=== SUPPLIED RECORDS ===
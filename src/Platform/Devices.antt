-- ===== src/Platform/Devices.antt =====
-- The device rows over the whole life of the server: each status comes with the credentials and the
-- revocation that belong to it.
pub mod Registry
pub mod Traffic
pub mod Life
use secure_io_t_device_platf.Base.{
  ℕ, String, ◌≡◌, refl, ◌∙◌, arith, Option, Bool, true, false, none, some, List, [], ◌∷◌, inl, inr,
  Option-cases, All, All-map, not, ◌&&◌, ap, eq_iff, sym, map,
}
use secure_io_t_device_platf.Base.Text.{is_empty}
use secure_io_t_device_platf.Table
use secure_io_t_device_platf.Env.{Context, Try, ok, security_error, crash, Try-cases}
use secure_io_t_device_platf.Models.{
  Server, Device, RevokedCertificate, Lifecycle, pending, provisioned, revoked, device_key, is_some,
  present, save_device, Deployment, find_device,
}
use secure_io_t_device_platf.Provisioning.Effect.{SameRegistry}
use secure_io_t_device_platf.Security.{from_master_key, encrypt}
use secure_io_t_device_platf.Registry.{
  revoked_device, reset_to_pending, revoke_current_certificate, finish_reset, finish_reset_after,
  reset_bootstrap_secret, register_device, register_checked, insert_device, new_device,
  rebuild_crl_from_db, commit_revocation,
}
use secure_io_t_device_platf.Registry.Frame.{devices-rebuild, revoked-rebuild}
use secure_io_t_device_platf.Registry.Revocation.{
  is_listed, Grows, Grows-trans, Grows-eq, commit_revocation-Grows, commit_revocation-is_listed,
  devices-revoke, revoked-revoke,
}

-- What the columns of a row say, by its status.
abbrev consistent : List RevokedCertificate → Lifecycle → Device → Bool
consistent rows pending d =
    not (is_some d.certificate_serial)
    && not (is_some d.certificate_pem)
    && not (is_some d.provisioned_at)
    && not (is_some d.revoked_at)
consistent rows provisioned d =
    is_some (present d.certificate_serial)
    && is_some d.certificate_pem
    && is_some d.certificate_not_after
    && is_some d.provisioned_at
    && not (is_some d.revoked_at)
consistent rows revoked d =
    not d.online && is_some d.revoked_at && is_listed rows (present d.certificate_serial)

abbrev pub Sound : List RevokedCertificate → Device → Type 0
Sound rows d = consistent rows d.lifecycle_status d ≡ true

abbrev pub Consistent : Server → Type 0
Consistent s = All (Sound s.revoked_certificates) s.devices

consistent-Grows :
    (rows rows' : List RevokedCertificate) (l : Lifecycle) (d : Device)
    → Grows rows rows'
    → consistent rows l d ≡ true
    → consistent rows' l d ≡ true
consistent-Grows rows rows' pending d g h = h
consistent-Grows rows rows' provisioned d g h = h
consistent-Grows rows rows' revoked d g h = elim (Option-cases (present d.certificate_serial)) [
  | inl e ↦ absurd (ground arith)
  | inr (k, e) ↦ ground (arith, g k)
]

All-Grows :
    (rows rows' : List RevokedCertificate) (ds : List Device)
    → Grows rows rows'
    → All (Sound rows) ds
    → All (Sound rows') ds
All-Grows rows rows' [] g h = tt
All-Grows rows rows' (d ∷ ds) g h =
    (consistent-Grows rows rows' d.lifecycle_status d g h.0, All-Grows rows rows' ds g h.1)

-- One device row is written, and no revocation is forgotten.
pub write-Consistent :
    (s t : Server) (d : Device)
    → Consistent s
    → t.devices ≡ Table.save device_key d s.devices
    → Grows s.revoked_certificates t.revoked_certificates
    → Sound t.revoked_certificates d
    → Consistent t
write-Consistent s t d h e g k = rw e (
    Table.All-save device_key (Sound t.revoked_certificates) d s.devices k
      (All-Grows s.revoked_certificates t.revoked_certificates s.devices g h))

pub same-Consistent : {s t : Server} → SameRegistry s t → Consistent s → Consistent t
same-Consistent e h = rw (e.devices, e.revoked_certificates) h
===
### WHAT YOU NEED TO DO
Give back the entire listing exactly as it was written.

### EXERCISE ANSWER
filename src/Platform/Devices.antt
-- ===== src/Platform/Devices.antt =====
-- The device rows over the whole life of the server: each status comes with the credentials and the
-- revocation that belong to it.
pub mod Registry
pub mod Traffic
pub mod Life
use secure_io_t_device_platf.Base.{
  ℕ, String, ◌≡◌, refl, ◌∙◌, arith, Option, Bool, true, false, none, some, List, [], ◌∷◌, inl, inr,
  Option-cases, All, All-map, not, ◌&&◌, ap, eq_iff, sym, map,
}
use secure_io_t_device_platf.Base.Text.{is_empty}
use secure_io_t_device_platf.Table
use secure_io_t_device_platf.Env.{Context, Try, ok, security_error, crash, Try-cases}
use secure_io_t_device_platf.Models.{
  Server, Device, RevokedCertificate, Lifecycle, pending, provisioned, revoked, device_key, is_some,
  present, save_device, Deployment, find_device,
}
use secure_io_t_device_platf.Provisioning.Effect.{SameRegistry}
use secure_io_t_device_platf.Security.{from_master_key, encrypt}
use secure_io_t_device_platf.Registry.{
  revoked_device, reset_to_pending, revoke_current_certificate, finish_reset, finish_reset_after,
  reset_bootstrap_secret, register_device, register_checked, insert_device, new_device,
  rebuild_crl_from_db, commit_revocation,
}
use secure_io_t_device_platf.Registry.Frame.{devices-rebuild, revoked-rebuild}
use secure_io_t_device_platf.Registry.Revocation.{
  is_listed, Grows, Grows-trans, Grows-eq, commit_revocation-Grows, commit_revocation-is_listed,
  devices-revoke, revoked-revoke,
}

-- What the columns of a row say, by its status.
abbrev consistent : List RevokedCertificate → Lifecycle → Device → Bool
consistent rows pending d =
    not (is_some d.certificate_serial)
    && not (is_some d.certificate_pem)
    && not (is_some d.provisioned_at)
    && not (is_some d.revoked_at)
consistent rows provisioned d =
    is_some (present d.certificate_serial)
    && is_some d.certificate_pem
    && is_some d.certificate_not_after
    && is_some d.provisioned_at
    && not (is_some d.revoked_at)
consistent rows revoked d =
    not d.online && is_some d.revoked_at && is_listed rows (present d.certificate_serial)

abbrev pub Sound : List RevokedCertificate → Device → Type 0
Sound rows d = consistent rows d.lifecycle_status d ≡ true

abbrev pub Consistent : Server → Type 0
Consistent s = All (Sound s.revoked_certificates) s.devices

consistent-Grows :
    (rows rows' : List RevokedCertificate) (l : Lifecycle) (d : Device)
    → Grows rows rows'
    → consistent rows l d ≡ true
    → consistent rows' l d ≡ true
consistent-Grows rows rows' pending d g h = h
consistent-Grows rows rows' provisioned d g h = h
consistent-Grows rows rows' revoked d g h = elim (Option-cases (present d.certificate_serial)) [
  | inl e ↦ absurd (ground arith)
  | inr (k, e) ↦ ground (arith, g k)
]

All-Grows :
    (rows rows' : List RevokedCertificate) (ds : List Device)
    → Grows rows rows'
    → All (Sound rows) ds
    → All (Sound rows') ds
All-Grows rows rows' [] g h = tt
All-Grows rows rows' (d ∷ ds) g h =
    (consistent-Grows rows rows' d.lifecycle_status d g h.0, All-Grows rows rows' ds g h.1)

-- One device row is written, and no revocation is forgotten.
pub write-Consistent :
    (s t : Server) (d : Device)
    → Consistent s
    → t.devices ≡ Table.save device_key d s.devices
    → Grows s.revoked_certificates t.revoked_certificates
    → Sound t.revoked_certificates d
    → Consistent t
write-Consistent s t d h e g k = rw e (
    Table.All-save device_key (Sound t.revoked_certificates) d s.devices k
      (All-Grows s.revoked_certificates t.revoked_certificates s.devices g h))

pub same-Consistent : {s t : Server} → SameRegistry s t → Consistent s → Consistent t
same-Consistent e h = rw (e.devices, e.revoked_certificates) h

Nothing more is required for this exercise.